• Work item
Among the entries below, tally each line where the word "false" appears and state only the total.

----------------------------------------

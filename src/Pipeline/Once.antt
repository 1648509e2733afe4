-- ===== src/Pipeline/Once.antt =====
-- Each row is applied once: the cursors stand between the rows that were applied and those that were not.
use canebot_projector_repo.Base.{
  ℕ, ◌≤◌, ◌<◌, ◌≡◌, ◌≢◌, refl, sym, ap, subst, ◌∙◌, String, Bool, Option, none, some, List, [], ◌∷◌,
  ◌++◌, All, IsSorted, sort, insert_sorted, insert_sorted-All, sort-All, sort-IsSorted, arith, ltb,
  lt→ltb, ==_iff, ◌==◌, Bool-cases, inl, inr, if◌then◌else◌,
}
use canebot_projector_repo.Pipeline.Merge.{
  TimelineItem, comes_before, concat, safe_up_to, split, applied_id, merge,
}
use canebot_projector_repo.Pipeline.Cursors.{
  comes_before-asymmetric, comes_before-negation, InIdOrder, AreInIdOrder, All-in_front,
  split-append, sort-AreInIdOrder,
}
use canebot_projector_repo.Pipeline.Store.{Cursor, Store, cursor, set_cursor}
use canebot_projector_repo.Pipeline.Stored.{cursor-set_self}
use canebot_projector_repo.Pipeline.Tick.{save_cursor}

-- The relation holds of each item and those behind it.
abbrev pub Pairs {ℓ κ} : {A : Type ℓ} → (A → A → Type κ) → List A → Type κ
Pairs R [] = Unit
Pairs R (x ∷ xs) = All (R x) xs × Pairs R xs

module _ {ℓ κ} {A : Type ℓ} (R : A → A → Type κ) (R-sym : (a b : A) → R a b → R b a)
    (before : A → A → Bool) where
  insert_sorted-Pairs :
      (x : A) (ys : List A) → All (R x) ys → Pairs R ys → Pairs R (insert_sorted before x ys)
  insert_sorted-Pairs x [] h p = (tt, tt)
  insert_sorted-Pairs x (y ∷ ys) h p = elim (Bool-cases (before y x)) [
    | inl e ↦
        rw e (
          insert_sorted-All before (R y) x ys (R-sym x y h.0) p.0,
          insert_sorted-Pairs x ys h.1 p.1,
        )
    | inr e ↦ rw e (h, p)
  ]

  sort-Pairs : (xs : List A) → Pairs R xs → Pairs R (sort before xs)
  unfolding sort
  sort-Pairs [] p = tt
  sort-Pairs (x ∷ xs) p =
      insert_sorted-Pairs x (sort before xs) (sort-All before (R x) xs p.0) (sort-Pairs xs p.1)

-- No two rows of a table have the same id.
abbrev pub Differ : TimelineItem → TimelineItem → Type 0
Differ a b = a.kind ≡ b.kind → a.src_id ≢ b.src_id

-- Of two rows of a table, the first has the smaller id.
abbrev Rises : TimelineItem → TimelineItem → Type 0
Rises a b = a.kind ≡ b.kind → a.src_id < b.src_id

All-Rises :
    (a : TimelineItem) (xs : List TimelineItem)
    → All (λ b. a.kind ≡ b.kind → a.src_id ≤ b.src_id) xs
    → All (Differ a) xs
    → All (Rises a) xs
All-Rises a [] h d = tt
All-Rises a (x ∷ xs) h d = (λ k. ground (arith, h.0 k, d.0 k), All-Rises a xs h.1 d.1)

sorted-Rises :
    (xs : List TimelineItem)
    → IsSorted comes_before xs
    → Pairs InIdOrder xs
    → Pairs Differ xs
    → Pairs Rises xs
sorted-Rises [] s o d = tt
sorted-Rises (x ∷ xs) s o d =
    (All-Rises x xs (All-in_front x xs s.0 o.0) d.0, sorted-Rises xs s.1 o.1 d.1)

-- From all pairs, those in the order of the list.
module _ {ℓ κ} {A : Type ℓ} (R : A → A → Type κ) where
  All-tails :
      (x : A) (xs ys : List A) → All (λ a. All (R a) (x ∷ xs)) ys → All (λ a. All (R a) xs) ys
  All-tails x xs [] h = tt
  All-tails x xs (y ∷ ys) h = (h.0.1, All-tails x xs ys h.1)

  Pairs-All : (xs : List A) → All (λ a. All (R a) xs) xs → Pairs R xs
  Pairs-All [] h = tt
  Pairs-All (x ∷ xs) h = (h.0.1, Pairs-All xs (All-tails x xs xs h.1))

-- The cursor of table `k` behind the rows, where each that is of the table moves it.
abbrev follow : ℕ → ℕ → List TimelineItem → ℕ
follow k c [] = c
follow k c (x ∷ xs) = follow k (if x.kind == k then x.src_id else c) xs

-- The rows of table `k` have ids above `c`.
abbrev pub AreAbove : ℕ → ℕ → List TimelineItem → Type 0
AreAbove k c xs = All (λ x. x.kind ≡ k → c < x.src_id) xs

AreAbove-Rises :
    (k : ℕ) (x : TimelineItem) (xs : List TimelineItem)
    → x.kind ≡ k
    → All (Rises x) xs
    → AreAbove k x.src_id xs
AreAbove-Rises k x [] e h = tt
AreAbove-Rises k x (y ∷ ys) e h = (λ q. h.0 (e ∙ sym q), AreAbove-Rises k x ys e h.1)

-- The cursor stands behind the rows of the table among `xs`, and before those among `ys`.
abbrev IsBetween : ℕ → ℕ → ℕ → List TimelineItem → List TimelineItem → Type 0
IsBetween k c n xs ys =
    (c ≤ n) × All (λ x. x.kind ≡ k → (c < x.src_id) × (x.src_id ≤ n)) xs × AreAbove k n ys

IsBetween-earlier :
    (k c c' n : ℕ) (xs ys : List TimelineItem)
    → c ≤ c'
    → IsBetween k c' n xs ys
    → IsBetween k c n xs ys
IsBetween-earlier k c c' n xs ys le (l, below, above) = (omega (arith, l, le), go xs below, above)
  where
    go :
        (zs : List TimelineItem)
        → All (λ x. x.kind ≡ k → (c' < x.src_id) × (x.src_id ≤ n)) zs
        → All (λ x. x.kind ≡ k → (c < x.src_id) × (x.src_id ≤ n)) zs
    go [] h = tt
    go (z ∷ zs) h = (λ q. (omega (arith, le, (h.0 q).0), (h.0 q).1), go zs h.1)

follow-IsBetween :
    (k c : ℕ) (xs ys : List TimelineItem)
    → Pairs Rises (xs ++ ys)
    → AreAbove k c (xs ++ ys)
    → IsBetween k c (follow k c xs) xs ys
follow-IsBetween k c [] ys p h = (omega arith, tt, h)
follow-IsBetween k c (x ∷ xs) ys p h = elim (Bool-cases (x.kind == k)) [
  | inl e ↦
      let is_k = (==_iff x.kind k).0 e in
      let new : c < x.src_id = h.0 is_k in
      let n = follow k x.src_id xs in
      let step : n ≡ follow k c (x ∷ xs) =
        sym (ap (λ (b : Bool). follow k (if b then x.src_id else c) xs) e) in
      let rest = follow-IsBetween k x.src_id xs ys p.1 (AreAbove-Rises k x (xs ++ ys) is_k p.0) in
      let (le, below, above) = IsBetween-earlier k c x.src_id n xs ys (omega (arith, new)) rest in
      subst (λ n'. IsBetween k c n' (x ∷ xs) ys) step (le, ((λ q. (new, rest.0)), below), above)
  | inr e ↦
      let n = follow k c xs in
      let step : n ≡ follow k c (x ∷ xs) =
        sym (ap (λ (b : Bool). follow k (if b then x.src_id else c) xs) e) in
      let (le, below, above) = follow-IsBetween k c xs ys p.1 h.1 in
      subst (λ n'. IsBetween k c n' (x ∷ xs) ys) step
        (le, ((λ q. absurd (ground (arith, q, e))), below), above)
]

-- The value of `applied[table]`, or the cursor where there is none.
abbrev or_cursor : ℕ → Option ℕ → ℕ
or_cursor c none = c
or_cursor c (some id) = if ltb c id then id else c

applied_id-follow :
    (k c d : ℕ) (o : Option ℕ) (xs : List TimelineItem)
    → or_cursor c o ≡ d
    → c ≤ d
    → AreAbove k c xs
    → or_cursor c (applied_id k o xs) ≡ follow k d xs
unfolding applied_id
applied_id-follow k c d o [] e le h = e
applied_id-follow k c d o (x ∷ xs) e le h = elim (Bool-cases (x.kind == k)) [
  | inl q ↦
      let new : c < x.src_id = h.0 ((==_iff x.kind k).0 q) in
      rw q (
        applied_id-follow k c x.src_id (some x.src_id) xs (rw (lt→ltb _ _ new) refl)
          (omega (arith, new)) h.1)
  | inr q ↦ rw q (applied_id-follow k c d o xs e le h.1)
]

save_cursor-eq :
    (applied : List TimelineItem) (st : Store) (k : ℕ) (table : String)
    → (cursor (save_cursor applied st k table) table).last_src_id
      ≡ or_cursor (cursor st table).last_src_id (applied_id k none applied)
unfolding save_cursor
save_cursor-eq applied st k table = go (applied_id k none applied)
  where
    go :
        (o : Option ℕ)
        → let st' : Store = elim o [
          | none ↦ st
          | some id ↦ if ltb (cursor st table).last_src_id id then set_cursor st table id 0 else st
        ] in
          (cursor st' table).last_src_id ≡ or_cursor (cursor st table).last_src_id o
    go none = refl
    go (some id) = elim (Bool-cases (ltb (cursor st table).last_src_id id)) [
      | inl l ↦ rw l (ap {B = ℕ} (λ (c : Cursor). c.last_src_id) (cursor-set_self st table id 0))
      | inr l ↦ rw l refl
    ]

-- Where the rows of a table that are read lie behind its cursor, ids follow time, and no id is there
-- twice: the new cursor of the table stands between its rows that were applied and those that were
-- left. So none is applied twice, and none is skipped.
pub save_cursor-IsBetween :
    (batch_size : ℕ) (batches : List (List TimelineItem)) (st : Store) (k : ℕ) (table : String)
    → AreAbove k (cursor st table).last_src_id (concat batches)
    → AreInIdOrder (concat batches)
    → Pairs Differ (concat batches)
    → let (applied, left) = merge batch_size batches in
      let c = (cursor st table).last_src_id in
      let c' = (cursor (save_cursor applied st k table) table).last_src_id in
      (c ≤ c')
      × All (λ x. x.kind ≡ k → (c < x.src_id) × (x.src_id ≤ c')) applied
      × AreAbove k c' left
unfolding merge
save_cursor-IsBetween batch_size batches st k table above order differ =
    let items = concat batches in
    let safe = safe_up_to batch_size none batches in
    let sorted = sort comes_before items in
    let applied = (split safe sorted).0 in
    let left = (split safe sorted).1 in
    let c = (cursor st table).last_src_id in
    let whole = sym (split-append safe sorted) in
    let rising =
      sorted-Rises sorted
        (sort-IsSorted comes_before comes_before-asymmetric comes_before-negation items)
        (Pairs-All InIdOrder sorted (sort-AreInIdOrder items order))
        (sort-Pairs Differ (λ a b d k e. d (sym k) (sym e)) comes_before items differ) in
    let new = sort-All comes_before (λ x. x.kind ≡ k → c < x.src_id) items above in
    let between =
      follow-IsBetween k c applied left (subst (Pairs Rises) whole rising)
        (subst (AreAbove k c) whole new) in
    let e =
      save_cursor-eq applied st k table
      ∙ applied_id-follow k c c none applied refl (omega arith)
          (front applied left (subst (AreAbove k c) whole new)) in
    subst (λ n. IsBetween k c n applied left) (sym e) between
  where
    front :
        (xs ys : List TimelineItem)
        → AreAbove k (cursor st table).last_src_id (xs ++ ys)
        → AreAbove k (cursor st table).last_src_id xs
    front [] ys h = tt
    front (x ∷ xs) ys h = (h.0, front xs ys h.1)
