-- ===== src/Writer/Gaps.antt =====
-- `RecordGap` of cmd/projector/writer.go: a stretch in which the projector was not running.
use canebot_projector_repo.Base.{ℕ, ◌-◌, String, [], ◌∷◌, ◌++◌}
use canebot_projector_repo.Writer.Tables.{GapRow, Replica}
use canebot_projector_repo.Writer.Marks.{guard, set_watermark}
use canebot_projector_repo.Writer.Rows.{null_if_empty}

unfoldable pub gap_row : ℕ → ℕ → ℕ → String → String → String → GapRow
gap_row ts started_ms ended_ms reason version branch = record {
  event_ts = ts;
  started_at_ms = started_ms;
  ended_at_ms = ended_ms;
  duration_ms = ended_ms - started_ms;
  reason = reason;
  version = null_if_empty version;
  source_branch = null_if_empty branch;
}

unfoldable pub record_gap : Replica → ℕ → ℕ → String → String → String → Replica
unfolding gap_row guard set_watermark
record_gap r started_ms ended_ms reason version branch =
    let ts = guard r.marks "gaps" ended_ms in
    record r {
      gaps = r.gaps ++ gap_row ts started_ms ended_ms reason version branch ∷ [];
      marks = set_watermark r.marks "gaps" ts;
    }
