-- ===== src/Pipeline/Startup.antt =====
-- How `run` of cmd/projector/main.go starts: on what a run before it has left in the replica and the
-- store, with a new tracker.
use canebot_projector_repo.Base.{ℕ, ◌-◌, ◌*◌, ◌/◌, String, Bool, ◌&&◌, ltb, if◌then◌else◌}
use canebot_projector_repo.Tracker.State.{new_tracker}
use canebot_projector_repo.Writer.Tables.{Replica}
use canebot_projector_repo.Writer.Gaps.{record_gap}
use canebot_projector_repo.Pipeline.Store.{Store, last_alive}
use canebot_projector_repo.Pipeline.Tick.{Projector}

-- What `run` is given: the classifier of faults, what the source's schema has, and the polling
-- interval in nanoseconds.
pub record Settings : Type 0 where
  pub severity : String → String
  pub has_step_runs : Bool
  pub has_fault_cols : Bool
  pub interval : ℕ

abbrev pub version : String
version = "0.1.0"

unfoldable pub source_branch : Settings → String
source_branch s =
    if s.has_step_runs then if s.has_fault_cols then "step_runs+faults" else "step_runs" else "base"

-- Whether the projector was away for more than two polling intervals, since a tick that it completed.
unfoldable pub was_away : Settings → ℕ → ℕ → Bool
was_away s last started_ms = ltb 0 last && ltb (2 * s.interval / 1000000) (started_ms - last)

unfoldable pub start : Settings → ℕ → Replica → Store → Projector
unfolding source_branch was_away record_gap last_alive new_tracker
start s started_ms rep st =
    let last = last_alive st in
    record {
      trk = new_tracker s.severity s.has_step_runs (s.has_step_runs && s.has_fault_cols);
      rep =
          if was_away s last started_ms
          then record_gap rep last started_ms "projector not running" version (source_branch s)
          else rep;
      st = st;
      last_timeline_ms = 0;
    }
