-- ===== src/Pipeline/Sound.antt =====
-- The parts of a tick keep the whole state sound.
use canebot_projector_repo.Base.{
  ℕ, ◌≡◌, String, Bool, true, false, ◌&&◌, List, [], ◌∷◌, is_some, sort, sort-All, arith,
  Bool-cases, Option-cases, inl, inr, lookup,
}
use canebot_projector_repo.Tracker.State.{Tracker}
use canebot_projector_repo.Tracker.Doors.{IoPins}
use canebot_projector_repo.Tracker.Inputs.{config, apply, ends_before, pending_intervals}
use canebot_projector_repo.Tracker.Invariant.Defs.{IsClosed, IsValid}
use canebot_projector_repo.Tracker.Invariant.Runs.{apply-IsValid}
use canebot_projector_repo.Writer.Tables.{DwellRow, ActuatorRow, Replica}
use canebot_projector_repo.Writer.Pulses.{attribute_pulse, attribute_actuator_pulses}
use canebot_projector_repo.Writer.Consistency.{IsConsistent, HoldAll-map}
use canebot_projector_repo.Pipeline.Intervals.{flush_intervals}
use canebot_projector_repo.Pipeline.Written.{write_intervals-IsConsistent}
use canebot_projector_repo.Pipeline.Merge.{TimelineItem, apply_items}
use canebot_projector_repo.Pipeline.Config.{is_unchanged, tell_change, diff_config, drain_config}
use canebot_projector_repo.Pipeline.Reader.{Source}
use canebot_projector_repo.Pipeline.Collect.{Env}
use canebot_projector_repo.Pipeline.Tick.{Projector, Step, ◌>>=◌, flush_step}

-- The tracker keeps its invariant, and the replica its keys and references.
pub record IsSound (severity : String → String) (p : Projector) : Type 0 where
  pub trk : IsValid severity p.trk
  pub rep : IsConsistent p.rep

-- Every read of the source succeeds.
abbrev pub is_readable : Source → Bool
is_readable src =
    is_some src.orders
    && (is_some src.fsm_events
        && (is_some src.faults
            && (is_some src.sensor_input_toggles
                && (is_some src.fsm_step_runs
                    && (is_some src.config && is_some src.actuator_output_intervals)))))

-- The state behind the step is sound, and the step succeeds where the source can be read.
abbrev pub IsFine : (String → String) → Source → Step → Type 0
IsFine severity src s = IsSound severity s.0 × (is_readable src ≡ true → s.1 ≡ true)

attribute_pulse-key :
    (dwells : List DwellRow) (a : ActuatorRow)
    → (attribute_pulse dwells a).pulse.order_key ≡ a.pulse.order_key
unfolding attribute_pulse
attribute_pulse-key dwells a = ground arith

pub attribute-IsConsistent :
    (r : Replica) → IsConsistent r → IsConsistent (attribute_actuator_pulses r)
unfolding attribute_actuator_pulses
attribute-IsConsistent r h = record {
  orders = h.orders;
  faults = h.faults;
  stamped = h.stamped;
  spans_refer = h.spans_refer;
  dwells_refer = h.dwells_refer;
  faults_refer = h.faults_refer;
  toggles_refer = h.toggles_refer;
  doors_refer = h.doors_refer;
  configs_refer = h.configs_refer;
  pulses_refer =
      HoldAll-map (λ (a : ActuatorRow). a.pulse.order_key) (attribute_pulse r.step_dwells) r.cycles
        r.actuator_intervals (attribute_pulse-key r.step_dwells) h.pulses_refer;
  runs_refer = h.runs_refer;
  keys = h.keys;
}

module _ (severity : String → String) where
  pub apply_items-IsValid :
      (io : IoPins) (t : Tracker) (xs : List TimelineItem)
      → IsValid severity t
      → IsValid severity (apply_items io t xs)
  unfolding apply_items
  apply_items-IsValid io t [] v = v
  apply_items-IsValid io t (x ∷ xs) v =
      apply_items-IsValid io (apply io t x.input) xs (apply-IsValid severity io t x.input v)

  module _ (io : IoPins) (previous : List (String × String)) (at : ℕ) where
    tell_change-IsValid :
        (t : Tracker) (k v : String)
        → IsValid severity t
        → IsValid severity (tell_change previous at t k v)
    unfolding tell_change apply
    tell_change-IsValid t k v h = elim (Option-cases (lookup k previous)) [
      | inl e ↦ rw (e, tell_change) h
      | inr (old, e) ↦ rw (e, tell_change) (apply-IsValid severity io t (config k old v at) h)
    ]

    diff_config-IsValid :
        (t : Tracker) (changed : Bool) (m : List (String × String))
        → IsValid severity t
        → IsValid severity (diff_config previous at t changed m).0
    unfolding diff_config
    diff_config-IsValid t changed [] h = h
    diff_config-IsValid t changed ((k, v) ∷ m) h = elim (Bool-cases (is_unchanged previous k v)) [
      | inl e ↦ simp e (diff_config-IsValid t changed m h)
      | inr e ↦
          simp e (
            diff_config-IsValid (tell_change previous at t k v) true m
              (tell_change-IsValid t k v h))
    ]

    pub drain_config-IsValid :
        (t : Tracker) (m : List (String × String))
        → IsValid severity t
        → IsValid severity (drain_config previous at t m).0
    unfolding drain_config
    drain_config-IsValid t m h = diff_config-IsValid t false m h

  emptied-IsValid : (t : Tracker) → IsValid severity t → IsValid severity (record t { closed = [] })
  emptied-IsValid t v = record {
    classifier = v.classifier;
    working = record { interval = v.working.interval; open_dwells = v.working.open_dwells };
    door = v.door;
    queue = tt;
    idle = v.idle;
  }

  pub flush_step-IsFine :
      (env : Env) (src : Source) (p : Projector)
      → IsSound severity p
      → IsFine severity src (flush_step env p)
  unfolding flush_step flush_intervals pending_intervals
  flush_step-IsFine env src p h =
      let a = sort-All ends_before (IsClosed severity) p.trk.closed h.trk.queue in
      let w =
        write_intervals-IsConsistent severity env.firmware p.rep (sort ends_before p.trk.closed) a
          h.rep in
      (record { trk = emptied-IsValid p.trk h.trk; rep = w.1 }, λ r. w.0)

  module _ (src : Source) where
    -- Steps one behind the other.
    pub bind-IsFine :
        (s : Step) (f : Projector → Step)
        → IsFine severity src s
        → ((p : Projector) → IsSound severity p → IsFine severity src (f p))
        → IsFine severity src (s >>= f)
    bind-IsFine (p, true) f h k = k p h.0
    bind-IsFine (p, false) f h k = h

----------------------------------------

• Output below
3